-- GIVEN RECORDS follows --
-- ===== src/Formats/Manager.antt =====
-- How the D-Bus values of src/manager.hpp become enumerators.
use obmc_yadro_webapp.Prelude.{ℕ, Option, List, [], ◌∷◌, ◌++◌, nat_eq, text_eq}
use obmc_yadro_webapp.Prelude.Text.{Text, text}
use obmc_yadro_webapp.Entity.{FieldType}
use obmc_yadro_webapp.Formats.Base.{format_value_from_dict, raw_string, bool_eq}

pub data BmcManagerTransition : Type 0 where
  reboot none : BmcManagerTransition

unfoldable pub bmc_manager_transition_to_int : BmcManagerTransition → ℕ
bmc_manager_transition_to_int BmcManagerTransition.reboot = 0
bmc_manager_transition_to_int BmcManagerTransition.none = 1

abbrev bmc_manager_transition_name : Text → Text
bmc_manager_transition_name val = text "xyz.openbmc_project.State.BMC.Transition." ++ val

unfoldable pub bmc_manager_transition_dict : List (Text × BmcManagerTransition)
bmc_manager_transition_dict =
    (bmc_manager_transition_name (text "Ready"), BmcManagerTransition.reboot)
    ∷ (bmc_manager_transition_name (text "NotReady"), BmcManagerTransition.none)
    ∷ []

unfoldable pub format_bmc_manager_transition : FieldType → Option FieldType
unfolding format_value_from_dict bmc_manager_transition_dict bmc_manager_transition_to_int
format_bmc_manager_transition value =
    format_value_from_dict raw_string bmc_manager_transition_to_int bmc_manager_transition_dict
      BmcManagerTransition.none value

pub data BmcManagerBmcState : Type 0 where
  ready not_ready update_in_progress : BmcManagerBmcState

unfoldable pub bmc_manager_bmc_state_to_int : BmcManagerBmcState → ℕ
bmc_manager_bmc_state_to_int BmcManagerBmcState.ready = 0
bmc_manager_bmc_state_to_int BmcManagerBmcState.not_ready = 1
bmc_manager_bmc_state_to_int BmcManagerBmcState.update_in_progress = 2

abbrev bmc_manager_bmc_state_name : Text → Text
bmc_manager_bmc_state_name val = text "xyz.openbmc_project.State.BMC.BMCState." ++ val

unfoldable pub bmc_manager_bmc_state_dict : List (Text × BmcManagerBmcState)
bmc_manager_bmc_state_dict =
    (bmc_manager_bmc_state_name (text "Ready"), BmcManagerBmcState.ready)
    ∷ (bmc_manager_bmc_state_name (text "NotReady"), BmcManagerBmcState.not_ready)
    ∷ (bmc_manager_bmc_state_name (text "UpdateInProgress"), BmcManagerBmcState.update_in_progress)
    ∷ []

unfoldable pub format_bmc_manager_bmc_state : FieldType → Option FieldType
unfolding format_value_from_dict bmc_manager_bmc_state_dict bmc_manager_bmc_state_to_int
format_bmc_manager_bmc_state value =
    format_value_from_dict raw_string bmc_manager_bmc_state_to_int bmc_manager_bmc_state_dict
      BmcManagerBmcState.not_ready value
-- GIVEN RECORDS concluded --
= PROBLEM DETAILS =
Copy word for word the stretch of entries above from the line that has "bmc_manager_transition_to_int BmcManagerTransition.reboot = 0" through the line that has "abbrev bmc_manager_bmc_state_name : Text", both ends included, and nothing outside it.

= OUTPUT =
bmc_manager_transition_to_int BmcManagerTransition.reboot = 0
bmc_manager_transition_to_int BmcManagerTransition.none = 1

abbrev bmc_manager_transition_name : Text → Text
bmc_manager_transition_name val = text "xyz.openbmc_project.State.BMC.Transition." ++ val

unfoldable pub bmc_manager_transition_dict : List (Text × BmcManagerTransition)
bmc_manager_transition_dict =
    (bmc_manager_transition_name (text "Ready"), BmcManagerTransition.reboot)
    ∷ (bmc_manager_transition_name (text "NotReady"), BmcManagerTransition.none)
    ∷ []

unfoldable pub format_bmc_manager_transition : FieldType → Option FieldType
unfolding format_value_from_dict bmc_manager_transition_dict bmc_manager_transition_to_int
format_bmc_manager_transition value =
    format_value_from_dict raw_string bmc_manager_transition_to_int bmc_manager_transition_dict
      BmcManagerTransition.none value

pub data BmcManagerBmcState : Type 0 where
  ready not_ready update_in_progress : BmcManagerBmcState

unfoldable pub bmc_manager_bmc_state_to_int : BmcManagerBmcState → ℕ
bmc_manager_bmc_state_to_int BmcManagerBmcState.ready = 0
bmc_manager_bmc_state_to_int BmcManagerBmcState.not_ready = 1
bmc_manager_bmc_state_to_int BmcManagerBmcState.update_in_progress = 2

abbrev bmc_manager_bmc_state_name : Text → Text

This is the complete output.